Darwin Nuñez, da seleção uruguaia. (Foto: Pat Elmont - FIFA/FIFA via Getty Images)
Darwin Nuñez, da seleção uruguaia. (Foto: Pat Elmont - FIFA/FIFA via Getty Images)

José Artigas foi um político, general, comerciante e acima de tudo, é considerado um herói no Uruguai. Lutou em guerras contra ingleses, portugueses, espanhóis e brasileiros. Morreu no exílio, sem nem ter chegado a participar da campanha que deu ao Uruguai sua independência, em 1828, mas ainda assim é considerado o “Protetor dos Povos Livres”, homenageado por todo país e até na vizinha Argentina.
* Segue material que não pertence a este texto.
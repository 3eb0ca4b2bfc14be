-- ===== src/MarketData.antt =====
-- crates/marketdata, and its use in crates/gateway/src/main.rs.
pub mod SnapshotBuilder
pub mod Consumer
mod Examples
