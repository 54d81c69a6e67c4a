-- ===== src/Connection/Queue.antt =====
-- net/connection.cpp: the send queue, from `send_message` to `drain_send_queue`.
use chromatin_protocol.Prelude.{
  ℕ, zero, suc, ◌+◌, ◌%◌, List, [], ◌∷◌, ◌++◌, Bool, true, false, ◌||◌, not, Option, none, some,
  leb, if◌then◌else◌, length, take, drop,
}
use chromatin_protocol.Endian.{store_u32_be, store_u64_be}
use chromatin_protocol.External.Crypto.{Crypto}
use chromatin_protocol.External.Transport.{Transport}
use chromatin_protocol.Connection.{
  Connection, PendingMessage, Network, Io, ◌>>◌, done, failed, close, send_encrypted,
}

abbrev pub streaming_threshold : ℕ
streaming_threshold = 1048576

abbrev pub transport_envelope_margin : ℕ
transport_envelope_margin = 64

abbrev pub max_send_queue : ℕ
max_send_queue = 1024

abbrev pub goodbye_type : ℕ
goodbye_type = 7

push_back : (ℕ → PendingMessage) → Connection → Connection × Option ℕ
push_back message c = (
  record c {
    send_queue = c.send_queue ++ (message c.next_ticket ∷ []);
    next_ticket = c.next_ticket + 1;
  },
  some c.next_ticket,
)

-- What the two ways to enqueue have in common: the result is the ticket under which the caller
-- waits, or `none` where it is told at once that nothing is sent.
unfoldable pub enqueue : (ℕ → PendingMessage) → Connection → Connection × Option ℕ
unfolding push_back
enqueue message c =
    if c.closed || c.closing
    then (c, none)
    else if leb max_send_queue (length c.send_queue)
    then (close c, none)
    else push_back message c

unfoldable pub enqueue_send : List ℕ → Connection → Connection × Option ℕ
enqueue_send encoded = enqueue (λ ticket. record {
  encoded = encoded;
  ticket = ticket;
  is_chunked = false;
  chunked_payload = [];
})

-- `[0x01][type][request_id][total size]` and what metadata there is.
unfoldable pub chunked_header : ℕ → ℕ → ℕ → List ℕ → List ℕ
chunked_header kind request_id size extra =
    1 ∷ (kind % 256) ∷ (store_u32_be request_id ++ (store_u64_be size ++ extra))

unfoldable pub send_message_chunked : ℕ → List ℕ → ℕ → List ℕ → Connection → Connection × Option ℕ
send_message_chunked kind payload request_id extra = enqueue (λ ticket. record {
  encoded = chunked_header kind request_id (length payload) extra;
  ticket = ticket;
  is_chunked = true;
  chunked_payload = payload;
})

module _ ⦃T : Transport⦄ where
  unfoldable pub send_message : ℕ → List ℕ → ℕ → Connection → Connection × Option ℕ
  unfolding send_message_chunked enqueue_send
  send_message kind payload request_id =
      if leb streaming_threshold (length payload)
      then send_message_chunked kind payload request_id []
      else enqueue_send (T.encode kind payload request_id)

  -- Up to the wait for the goodbye to be sent; the caller closes the connection after it.
  unfoldable pub close_gracefully : Connection → Connection × Option ℕ
  unfolding push_back
  close_gracefully c =
      if c.closed || not c.authenticated
      then (close c, none)
      else if leb max_send_queue (length c.send_queue)
      then (close c, none)
      else push_back
          (λ ticket. record {
            encoded = T.encode goodbye_type [] 0;
            ticket = ticket;
            is_chunked = false;
            chunked_payload = [];
          })
          (record c { closing = true })

-- `m.completion->cancel()` with `*m.result_ptr = ok`.
unfoldable pub tell : ℕ → Bool → Connection → Connection
tell ticket ok c = record c { results = (ticket, ok) ∷ c.results }

unfoldable pub fail_all : List PendingMessage → Connection → Connection
unfolding tell
fail_all [] c = record c { send_queue = [] }
fail_all (m ∷ ms) c = fail_all ms (tell m.ticket false c)

-- The waiter of a message is told whether it was written; a failure fails all that wait.
unfoldable pub sent : PendingMessage → Connection × Option (Unit {0}) → Connection
unfolding tell
sent m (c, none) = let c' = tell m.ticket false c in fail_all c'.send_queue c'
sent m (c, some _) = tell m.ticket true c

module _ ⦃C : Crypto⦄ ⦃N : Network⦄ where
  -- `rest` is the payload from `offset` on. Every round takes a byte at least, so that its length is
  -- fuel enough.
  unfoldable pub send_chunks : ℕ → ℕ → List ℕ → Io (Unit {0})
  send_chunks size fuel [] = done tt
  send_chunks size zero (x ∷ rest) = failed
  send_chunks size (suc fuel) (x ∷ rest) =
      send_encrypted (take size (x ∷ rest)) >> send_chunks size fuel (drop size (x ∷ rest))

  unfoldable pub send_pending : PendingMessage → Io (Unit {0})
  send_pending m =
      if m.is_chunked
      then (do
        send_encrypted m.encoded
        send_chunks streaming_threshold (length m.chunked_payload) m.chunked_payload
        send_encrypted [])
      else send_encrypted m.encoded

  unfoldable pub drain_front : List PendingMessage → Connection → Connection
  unfolding sent
  drain_front [] c = c
  drain_front (m ∷ rest) c = sent m (send_pending m (record c { send_queue = rest }))

  -- One round of the inner loop of `drain_send_queue`. What other coroutines add to the queue during
  -- its writes stands behind what is being sent, and a close during them is a write that fails.
  unfoldable pub drain_one : Connection → Connection
  unfolding drain_front
  drain_one c = drain_front c.send_queue c

-- The end of `drain_send_queue`, on a closed connection.
unfoldable pub drain_end : Connection → Connection
drain_end c = fail_all c.send_queue c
Do berço de uma dessas homenagens nasceu uma das esperanças do Uruguai na Copa: Darwin Nuñez. Localizada no norte uruguaio, a cidade de Artigas faz fronteira com a cidade brasileira de Quaraí e as duas dividem mais do que a ponte que as separa, com a cultura local se misturando entre costumes brasileiros e uruguaios. O carnaval de Artigas reúne a população das duas cidades, o portunhol é falado pelas ruas e se aceitam pesos e reais em ambos lados da fronteira. Talvez seja essa proximidade com o Brasil que tenha ajudado Darwin Nuñez a se adaptar tão bem ao futebol português, pra onde se transferiu em 2020 após rápida passagem pelo futebol espanhol.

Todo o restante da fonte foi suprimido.